# Donor eggs or own eggs at 44?



## janet123 (Feb 23, 2010)

Hi
I am 43, soon 44 and even tho I have responded well to IVF, because of my age my cons has told me to go to donor eggs.
Any stories ? whats shall I do? 

Janet


----------



## Oceana (Aug 31, 2010)

Hi,
I'm 43 and the specialists at the ivf centre I go to actually only treat women using DE once they turn 43. They have this policy because of the extremely low success rate of ivf using your own eggs once you turn 43. 
You have to be happy with the choice you make, I think it's a very personal decision.
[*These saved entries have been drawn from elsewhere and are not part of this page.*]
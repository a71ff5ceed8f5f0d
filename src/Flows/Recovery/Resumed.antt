-- ===== src/Flows/Recovery/Resumed.antt =====
-- An execution that threw goes on where it stood.
use nodestack.Prelude.{
  ℕ, zero, suc, ◌<◌, String, true, false, List, Option, some, ◌≡◌, refl, arith, ◌=ₜ◌, is_some,
}
use nodestack.Prelude.Int.{ℤ}
use nodestack.Json.{Json}
use nodestack.Flows.Types.{FlowDefinition}
use nodestack.Flows.Runs.{Run, Resume, StepLog, is_lost, checkpoint, resume_run}
use nodestack.Flows.Engine.{find_state}
use nodestack.Flows.Recovery.{resumes, resume_at, stored_run, count_or_logs, resolve_resume_state}

abbrev saved_resume : String → Run → Resume
saved_resume name r = record {
  state_name = name;
  resumed_payload = r.snapshot;
  resumed_count = some (count_or_logs r.step_count r.logs);
  resumed_counters = r.counters;
  resumed_logs = r.logs;
}

checkpoint-named :
    (r : Run) (name : String)
    → r.current ≡ some name
    → (name =ₜ "") ≡ false
    → is_lost r.error ≡ false
    → checkpoint r ≡ some (name, r.snapshot, r.step_count, r.counters)
unfolding checkpoint
checkpoint-named r name h given kept = rw h (rw (given, kept) refl)

count_kept : (n : ℕ) (logs : List StepLog) → 0 < n → count_or_logs n logs ≡ n
count_kept zero logs h = absurd (omega arith)
count_kept (suc n) logs h = refl

-- The counts that a resumed execution begins with.
resumed_step_count :
    (name : String) (r : Run) (input : Option Json)
    → 0 < r.step_count
    → (resume_run (saved_resume name r) input).step_count ≡ r.step_count
resumed_step_count name r input h = rw (count_kept r.step_count r.logs h) (ground arith)

module _ (parse_number : Json → Option ℤ) (definition : FlowDefinition) where
  resolved :
      (r : Run) (name : String) (v : Json) (input : Option Json)
      → r.snapshot ≡ some v
      → (name =ₜ "") ≡ false
      → is_some (find_state name definition.all_states) ≡ true
      → checkpoint r ≡ some (name, r.snapshot, r.step_count, r.counters)
      → resolve_resume_state parse_number (stored_run input r) definition
        ≡ resumes (saved_resume name r)
  unfolding resolve_resume_state resume_at
  resolved r name v input snap given there e = rw e (rw given (rw there (rw snap refl)))

  -- An execution that threw at a step, and is stored with its checkpoint, goes on at the same state
  -- with the payload before that step, its count of steps, its loop counters and its logs; if the state
  -- is in the flow, the payload is not undefined, and the checkpoint was not lost.
  pub resume-checkpoint :
      (r : Run) (name : String) (v : Json) (input : Option Json)
      → r.current ≡ some name
      → (name =ₜ "") ≡ false
      → is_some (find_state name definition.all_states) ≡ true
      → r.snapshot ≡ some v
      → is_lost r.error ≡ false
      → 0 < r.step_count
      → (resume : Resume) × (resolve_resume_state parse_number (stored_run input r) definition
          ≡ resumes resume)
        × ((resume_run resume input).current ≡ some name)
        × ((resume_run resume input).payload ≡ some v)
        × ((resume_run resume input).step_count ≡ r.step_count)
        × ((resume_run resume input).counters ≡ r.counters)
        × ((resume_run resume input).logs ≡ r.logs)
  resume-checkpoint r name v input at given there snap kept begun = (
    saved_resume name r,
    resolved r name v input snap given there (checkpoint-named r name at given kept),
    refl,
    rw snap refl,
    resumed_step_count name r input begun,
    refl,
    refl,
  )
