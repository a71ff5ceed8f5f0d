-- ===== src/Flows/Retries/Limits.antt =====
-- How often `executeWithRetry` calls the handler.
use nodestack.Prelude.{
  ℕ, zero, suc, ◌+◌, ◌≤◌, ◌<◌, max, String, Bool, true, false, not, List, [], ◌∷◌, Option, some,
  inl, inr, ◌≡◌, refl, arith, Bool-cases, Option-cases, if-both, find, tests,
}
use nodestack.Prelude.Int.{ℤ}
use nodestack.Json.{Json}
use nodestack.Flows.Types.{RetryPolicy, FlowState}
use nodestack.Flows.Errors.{FlowError, find_retry_policy, policy_matches}
use nodestack.Flows.Handlers.{Handled, handled, thrown, Counters, execute_handler}
use nodestack.Flows.Retries.{
  Try, retry_of, is_last, may_try_again, execute_with_retry, retry_limit, limit_of, after_attempt,
}

limit-le :
    (test : RetryPolicy → Bool) (ps : List RetryPolicy) (p : RetryPolicy)
    → find test ps ≡ some p
    → limit_of p ≤ retry_limit ps
unfolding retry_limit
limit-le test [] p h = absurd (cc h)
limit-le test (q ∷ ps) p h = elim (Bool-cases (test q)) [
  | inl e ↦ (let same : q ≡ p = cc (rw e at h) in rw same (omega arith))
  | inr e ↦ omega (arith, limit-le test ps p (rw e at h))
]

-- Another attempt is made below the limit only.
more : (n : ℕ) (p : RetryPolicy) → not (is_last n p) ≡ true → n < limit_of p
more n p q = ground arith

again-lt-limit :
    (ps : List RetryPolicy) (e : FlowError) (n : ℕ)
    → may_try_again ps e n ≡ true
    → n < retry_limit ps
unfolding may_try_again find_retry_policy
again-lt-limit ps e n h =
    elim (Option-cases (find (λ (p : RetryPolicy). policy_matches p.error_equals e) ps)) [
      | inl absent ↦ absurd (no_policy (rw (absent, may_try_again) at h))
      | inr (p, found) ↦ policy_limit p found (rw (found, may_try_again) at h)
    ]
  where
    no_policy : false ≡ true → ⊥
    no_policy q = cc

    policy_limit :
        (p : RetryPolicy)
        → find (λ (p : RetryPolicy). policy_matches p.error_equals e) ps ≡ some p
        → not (is_last n p) ≡ true
        → n < retry_limit ps
    policy_limit p found q = omega (
      tests,
      limit-le (λ (p : RetryPolicy). policy_matches p.error_equals e) ps p found,
      more n p q,
    )

module _ (parse_number : Json → Option ℤ) (name : String) (state : FlowState)
    (payload : Option Json) (tries : ℕ → Try) where
  -- What a call of `executeWithRetry` gives within its fuel.
  abbrev Ended : ℕ → Option (Handled × Counters × ℕ) → Type 0
  Ended limit o = (h : Handled) × (c : Counters) × (n : ℕ) × (o ≡ some (h, c, n)) × (n ≤ limit)

  abbrev limit : ℕ
  limit = max 1 (retry_limit (retry_of state))

  after_ends :
      (again : ℕ → Counters → Option (Handled × Counters × ℕ)) (t : Try) (n : ℕ)
      (counters : Counters)
      → ((c : Counters) → n < limit → Ended limit (again n c))
      → n ≤ limit
      → (result : Handled) → Ended limit (after_attempt again (retry_of state) t n counters result)
  unfolding after_attempt
  after_ends again t n counters h le (handled r) = (_, _, n, refl, le)
  after_ends again t n counters h le (thrown e) =
      if-both (Ended limit) (not (may_try_again (retry_of state) e n)) (λ _. (_, _, n, refl, le))
        (λ q.
          if-both (Ended limit) t.aborted_after (λ _. (_, _, n, refl, le))
            (λ _. h counters (omega (arith, again-lt-limit (retry_of state) e n (ground arith)))))

  retry_ends :
      (fuel attempt : ℕ) (counters : Counters)
      → limit < attempt + fuel + 1
      → attempt < limit
      → Ended limit (execute_with_retry parse_number name state payload tries fuel attempt counters)
  unfolding execute_with_retry
  retry_ends zero attempt counters h k = absurd (omega arith)
  retry_ends (suc fuel) attempt counters h k =
      if-both (Ended limit) (tries attempt).aborted_before (λ _. (_, _, attempt, refl, omega arith))
        (λ _.
          after_ends (execute_with_retry parse_number name state payload tries fuel) (tries attempt)
            (attempt + 1) _ (λ c lt. retry_ends fuel (attempt + 1) c (omega arith) (omega arith))
            (omega arith)
            (execute_handler parse_number name state payload (tries attempt).attempt counters).0)

  -- Whatever the handler does, the loop ends with the fuel that it is given, and the handler is called
  -- no more often than the policies allow, and once if they allow nothing.
  pub execute_with_retry_ends :
      (counters : Counters)
      → (h : Handled) × (c : Counters) × (n : ℕ) × (execute_with_retry parse_number name state
            payload tries
            (suc (retry_limit (retry_of state)))
            0
            counters
          ≡ some (h, c, n))
        × (n ≤ max 1 (retry_limit (retry_of state)))
  execute_with_retry_ends counters =
      retry_ends (suc (retry_limit (retry_of state))) 0 counters (omega arith) (omega arith)
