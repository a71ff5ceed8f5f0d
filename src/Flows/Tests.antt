-- ===== src/Flows/Tests.antt =====
-- The pool on three items, with two workers; the engine on a flow that
-- never comes to its end; and a payload that is written.
mod Checked
use nodestack.Prelude.{
  arith, ℕ, zero, suc, ◌+◌, ◌*◌, ◌≤◌, max, ◌≡◌, refl, false, List, [], ◌∷◌, none, some, length, map,
  String, Option,
}
use nodestack.Prelude.Int.{ℤ, pos}
use nodestack.Json.{Json, null, obj, end, text}
use nodestack.Flows.Payload.{get, set, member}
use nodestack.Flows.Payload.Written.{get-set, fits}
use nodestack.Flows.Types.{
  BaseState, FlowState, flow_state, task, pass, RetryPolicy, states, no_states, FlowDefinition,
}
use nodestack.Flows.Errors.{app_error}
use nodestack.Flows.Handlers.{Handled, Counters, denied, output}
use nodestack.Flows.Retries.{Try, retry_of, retry_limit, execute_with_retry}
use nodestack.Flows.Retries.Limits.{execute_with_retry_ends}
use nodestack.Flows.Runs.{Turn, start_run, is_running as is_running_status}
use nodestack.Flows.Engine.{rounds}
use nodestack.Flows.Paths.{key, index, parse_path}
use nodestack.Flows.Engine.Ends.{rounds_end}
use nodestack.Flows.Pool.{
  indices, is_running, end_call, resolves, start_pool, take_next, pool_step, pool_run,
}
use nodestack.Flows.Pool.Results.{pool_run-results}
use nodestack.Flows.Pool.Ends.{left_over, is_schedule, pool_run-length}

abbrev numbers : List ℕ
numbers = 5 ∷ 6 ∷ 7 ∷ []

abbrev with_index : ℕ → ℕ → ℕ
with_index x i = x * 10 + i

-- The second call ends first, then the third, then the first.
abbrev order : List ℕ
order = 1 ∷ 2 ∷ 0 ∷ []

pool_run-results_example :
    (pool_run numbers with_index (map resolves order) (start_pool numbers with_index 2)).results 2
    ≡ some 72
unfolding pool_run pool_step take_next start_pool is_running end_call indices
pool_run-results_example =
    pool_run-results numbers with_index 2 (map resolves order) 2 7 refl refl refl

pool_run-length_example :
    length
      (pool_run numbers with_index (map resolves order) (start_pool numbers with_index 2)).running
    ≤ max 1 2
pool_run-length_example = pool_run-length numbers with_index 2 (map resolves order)

-- No text is a number.
abbrev pub no_numbers : Json → Option ℤ
no_numbers v = none

abbrev pub base_state : Option String → BaseState
base_state next = record {
  input_path = none;
  result_path = none;
  output_path = none;
  next = next;
  is_end = false;
}

-- A task whose function fails twice and may be tried five times.
abbrev policy : RetryPolicy
policy = record {
  error_equals = none;
  interval_seconds = none;
  max_attempts = some (pos 5);
  backoff_rate = none;
}

abbrev stubborn : FlowState
stubborn = flow_state (base_state (some "Again")) (task "charge" false false (policy ∷ []) [])

abbrev failing_try : Try
failing_try = record {
  aborted_before = false;
  attempt = record {
    call = λ f e input. denied (app_error "no" 403);
    sub_flow = λ inner start input. output input;
    first_rejection = 0;
    aborted_in_wait = false;
  };
  aborted_after = false;
}

execute_with_retry_ends_example :
    (h : Handled) × (c : Counters) × (n : ℕ) × (execute_with_retry no_numbers "Charge" stubborn
        (some null)
        (λ _. failing_try)
        (suc (retry_limit (retry_of stubborn)))
        0
        (λ _. 0)
      ≡ some (h, c, n))
    × (n ≤ max 1 (retry_limit (retry_of stubborn)))
execute_with_retry_ends_example =
    execute_with_retry_ends no_numbers "Charge" stubborn (some null) (λ _. failing_try) (λ _. 0)

-- A flow with one state, which comes after itself.
abbrev circle : FlowDefinition
circle = record {
  start_at = "Again";
  timeout_seconds = none;
  all_states = states "Again" (flow_state (base_state (some "Again")) (pass none)) no_states;
}

abbrev quiet : Turn
quiet = record {
  abort_reason = none;
  is_late = false;
  shared_count = 0;
  tries = λ _. failing_try;
  timer_wins = false;
  is_late_in_catch = false;
  is_late_after = false;
  callback = none;
  is_late_at_end = false;
}

unfoldable pub turns : ℕ → List Turn
turns zero = []
turns (suc n) = quiet ∷ turns n

length-turns : (n : ℕ) → length (turns n) ≡ n
unfolding turns
length-turns zero = refl
length-turns (suc n) = rw (length-turns n) refl

rounds_end_example :
    is_running_status
      (rounds "circle" 30000 no_numbers circle (turns 501) (start_run circle none)).status
    ≡ false
rounds_end_example =
    rounds_end "circle" 30000 no_numbers circle (start_run circle none) (turns 501)
      (omega (arith, length-turns 501))

-- The first item of a list that is not there yet.
get-set_example :
    get (set (some (obj end)) (some "$.items[0].id") (some (text "a"))) (some "$.items[0].id") none
    ≡ some (text "a")
unfolding fits member parse_path
get-set_example =
    get-set (some (obj end)) "$.items[0].id" (key "items" ∷ index 0 ∷ key "id" ∷ []) (text "a") none
      refl refl
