-- ===== src/Flows/Validator.antt =====
-- src/flows/FlowValidator.ts. A definition has the types of src/flows/types.ts here, so that the tests
-- of `typeof` and of finite numbers pass; what is left is modelled in its order. A `Problem` stands for
-- the `throw` that is met first, with the name of the state.

pub mod Targets
pub mod Leads
pub mod Sound
pub mod References
pub mod Renaming
pub mod Triggers
pub mod Patterns
pub mod Reached
use nodestack.Prelude.{
  ℕ, zero, suc, String, Bool, true, false, not, Option, none, some, ◌&&◌, ◌||◌, ◌==◌, ◌=ₜ◌, is_some,
  trim,
}
use Prim.Native.Char.{code}
use nodestack.Flows.Types.{
  Comparisons, ChoiceRule, rule, Group, no_group, group, Rules, no_rules, rules, Negation,
  no_negation, negation, BaseState, FlowState, flow_state, Kind, task, choice, map_items, loop,
  parallel, pass, wait, succeed, fail, States, no_states, states, Branches, no_branches, branches,
  FlowDefinition,
}
use nodestack.Flows.Paths.{is_unsafe_path}
use nodestack.Flows.Choices.{has_comparison, has_group, has_negation}
use nodestack.Flows.Engine.{find_state}

pub data Problem : Type 0 where
  start_missing states_missing start_unknown : Problem
  path_invalid path_unsafe next_unknown next_and_end function_missing no_transition :
      String → Problem
  choices_missing rule_next_unknown operator_missing variable_invalid variable_unsafe group_empty
        default_unknown :
      String → Problem
  items_path_invalid concurrency_invalid target_unknown iterations_invalid branches_missing :
      String → Problem

infixr 20 ◌orelse◌
abbrev pub ◌orelse◌ : Option Problem → Option Problem → Option Problem
none orelse q = q
some p orelse q = some p

abbrev pub require : Bool → Problem → Option Problem
require true p = none
require false p = some p

-- `allKeys.includes(name)`
abbrev pub has_key : String → States → Bool
has_key name all = is_some (find_state name all)

abbrev pub starts_with_dollar : String → Bool
starts_with_dollar String.[] = false
starts_with_dollar (String.◌∷◌ c s) = code c == b'$'

-- The text is given and not empty.
abbrev pub is_given : Option String → Bool
is_given none = false
is_given (some s) = not (s =ₜ "")

abbrev pub key_exists : Option String → States → Bool
key_exists none all = false
key_exists (some s) all = not (s =ₜ "") && has_key s all

unfoldable pub validate_path : String → Option String → Option Problem
validate_path name none = none
validate_path name (some p) =
    require (p =ₜ "" || starts_with_dollar p) (path_invalid name)
    orelse require (not (is_unsafe_path (some p))) (path_unsafe name)

abbrev pub or_undefined : Option (Option String) → Option String
or_undefined none = none
or_undefined (some p) = p

-- The checks of `validateChoiceRule` before the nested rules.
unfoldable pub validate_comparisons : String → Comparisons → Bool → Option Problem
unfolding has_comparison
validate_comparisons name c has_logical_op =
    require (has_comparison c || has_logical_op) (operator_missing name)
    orelse require (variable_ok c.variable (has_comparison c)) (variable_invalid name)
    orelse require (not (is_unsafe_path c.variable)) (variable_unsafe name)
  where
    variable_ok : Option String → Bool → Bool
    variable_ok none needed = not needed
    variable_ok (some v) needed = starts_with_dollar v

unfoldable mutual
  unfolding validate_comparisons

  pub validate_choice_rule : String → States → Bool → ChoiceRule → Option Problem
  validate_choice_rule name all needs_next (rule c and_rules or_rules negated next) =
      require (not needs_next || key_exists next all) (rule_next_unknown name)
      orelse validate_comparisons name c
          (has_group and_rules || has_group or_rules || has_negation negated)
      orelse validate_group name all and_rules
      orelse validate_group name all or_rules
      orelse validate_negation name all negated

  pub validate_group : String → States → Group → Option Problem
  validate_group name all no_group = none
  validate_group name all (group no_rules) = some (group_empty name)
  validate_group name all (group (rules r rs)) =
      validate_choice_rule name all false r orelse validate_rules name all false rs

  pub validate_rules : String → States → Bool → Rules → Option Problem
  validate_rules name all needs_next no_rules = none
  validate_rules name all needs_next (rules r rs) =
      validate_choice_rule name all needs_next r orelse validate_rules name all needs_next rs

  pub validate_negation : String → States → Negation → Option Problem
  validate_negation name all no_negation = none
  validate_negation name all (negation r) = validate_choice_rule name all false r

abbrev pub is_positive : Option ℕ → Bool
is_positive none = true
is_positive (some zero) = false
is_positive (some (suc n)) = true

abbrev pub has_rules : Rules → Bool
has_rules no_rules = false
has_rules (rules r rs) = true

abbrev pub has_branches : Branches → Bool
has_branches no_branches = false
has_branches (branches start inner rest) = true

abbrev pub has_states : States → Bool
has_states no_states = false
has_states (states k s rest) = true

abbrev pub must_go_on : String → BaseState → Option Problem
must_go_on name b = require (is_given b.next || b.is_end) (no_transition name)

-- The checks that all states have.
unfoldable pub validate_base : String → States → BaseState → Option Problem
unfolding validate_path
validate_base name all b =
    validate_path name b.input_path
    orelse validate_path name (or_undefined b.result_path)
    orelse validate_path name b.output_path
    orelse require (not (is_given b.next) || key_exists b.next all) (next_unknown name)
    orelse require (not (is_given b.next) || not b.is_end) (next_and_end name)

-- The checks of a flow before those of its states.
unfoldable pub validate_start : String → States → Option Problem → Option Problem
unfolding find_state
validate_start start all checked =
    require (not (trim start =ₜ "")) start_missing
    orelse require (has_states all) states_missing
    orelse require (has_key start all) start_unknown
    orelse checked

unfoldable mutual
  unfolding validate_start validate_base validate_rules validate_path find_state trim

  pub validate_state : String → States → FlowState → Option Problem
  validate_state name all (flow_state b kind) =
      validate_base name all b orelse validate_kind name all b kind

  pub validate_kind : String → States → BaseState → Kind → Option Problem
  validate_kind name all b (task function elevated service_role retry catch) =
      require (not (trim function =ₜ "")) (function_missing name) orelse must_go_on name b
  validate_kind name all b (choice choices default) =
      require (has_rules choices) (choices_missing name)
      orelse validate_rules name all true choices
      orelse require (not (is_given default) || key_exists default all) (default_unknown name)
  validate_kind name all b (map_items items_path limit start inner retry catch) =
      validate_path name (some items_path)
      orelse require (starts_with_dollar items_path) (items_path_invalid name)
      orelse require (is_positive limit) (concurrency_invalid name)
      orelse validate_start start inner (validate_states inner inner)
      orelse must_go_on name b
  validate_kind name all b (loop target condition max) =
      require (key_exists (some target) all) (target_unknown name)
      orelse require (is_positive max) (iterations_invalid name)
      orelse validate_choice_rule name all false condition
      orelse must_go_on name b
  validate_kind name all b (parallel bs retry catch) =
      require (has_branches bs) (branches_missing name)
      orelse validate_branches bs
      orelse must_go_on name b
  validate_kind name all b (pass result) = must_go_on name b
  validate_kind name all b (wait seconds) = must_go_on name b
  validate_kind name all b succeed = none
  validate_kind name all b (fail error cause) = none

  pub validate_states : States → States → Option Problem
  validate_states all no_states = none
  validate_states all (states k s rest) = validate_state k all s orelse validate_states all rest

  pub validate_branches : Branches → Option Problem
  validate_branches no_branches = none
  validate_branches (branches start inner rest) =
      validate_start start inner (validate_states inner inner) orelse validate_branches rest

unfoldable pub validate : FlowDefinition → Option Problem
unfolding validate_state
validate definition =
    validate_start definition.start_at definition.all_states
      (validate_states definition.all_states definition.all_states)
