-- ===== src/Flows/Validator/Targets.antt =====
-- The states that the handlers of a validated flow lead to are there.
use nodestack.Prelude.{
  String, Bool, true, false, not, Option, none, some, inl, inr, ◌||◌, ◌≡◌, ◌=ₜ◌, refl, Bool-cases,
}
use nodestack.Flows.Types.{BaseState, States}
use nodestack.Flows.Runs.{named}
use nodestack.Flows.Validator.{
  Problem, ◌orelse◌, require, has_key, key_exists, is_given, validate_base, validate_path,
  or_undefined, next_and_end, next_unknown,
}

pub orelse-none : (p q : Option Problem) → (p orelse q) ≡ none → (p ≡ none) × (q ≡ none)
orelse-none none q h = (refl, h)
orelse-none (some p) q h = absurd (cc h)

pub require-none : (b : Bool) (p : Problem) → require b p ≡ none → b ≡ true
require-none true p h = refl
require-none false p h = absurd (cc h)

abbrev pub named_exists : Option String → States → Bool
named_exists none all = true
named_exists (some n) all = has_key n all

-- No state is named, or one that is there.
abbrev pub Placed : States → Option String → Type 0
Placed all o = named_exists (named o) all ≡ true

pub if_given-Placed :
    (all : States) (o : Option String)
    → (not (is_given o) || key_exists o all) ≡ true
    → Placed all o
if_given-Placed all none h = refl
if_given-Placed all (some n) h = elim (Bool-cases (n =ₜ "")) [
  | inl e ↦ rw e refl
  | inr e ↦ rw e (rw e at h)
]

pub exists-Placed : (all : States) (o : Option String) → key_exists o all ≡ true → Placed all o
exists-Placed all none h = absurd (cc h)
exists-Placed all (some n) h = elim (Bool-cases (n =ₜ "")) [
  | inl e ↦ rw e refl
  | inr e ↦ rw e (rw e at h)
]

pub base-Placed :
    (name : String) (all : States) (b : BaseState)
    → validate_base name all b ≡ none
    → Placed all b.next
unfolding validate_base
base-Placed name all b h =
    let (_, h₁) = orelse-none (validate_path name b.input_path) _ h in
    let (_, h₂) = orelse-none (validate_path name (or_undefined b.result_path)) _ h₁ in
    let (_, h₃) = orelse-none (validate_path name b.output_path) _ h₂ in
    let (next_ok, _) =
      orelse-none _ (require (not (is_given b.next) || not b.is_end) (next_and_end name)) h₃ in
    if_given-Placed all b.next (require-none _ (next_unknown name) next_ok)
I tried ivf for 2 years unsuccessfully using my own eggs had 2 natural m/c's (you have to also remember that the likehood of m/c increases with age of eggs as well as possibility of downs) after lots of researching I'm now excitedly looking forward to DE in the New Year at Serum in Greece.


----------



## Maiamaiamaia (Mar 28, 2010)

Hi,


I am 43 too and had two failed ivf cycles late last year/earlier this year. I was a good responder and my bloods and scans indicated a high ovarian reserve. I had 3 good embryo's transferred back the second time. When I asked the consultant why oh why didn't any of these embryos take he said - egg quality pure and simple. I wish I had taken the consultants advice and saved my money for a donor egg cycle. Just before my second cycle he suggested that. I'm now booked in for next May - over a year waiting list - and finding the money is a stress.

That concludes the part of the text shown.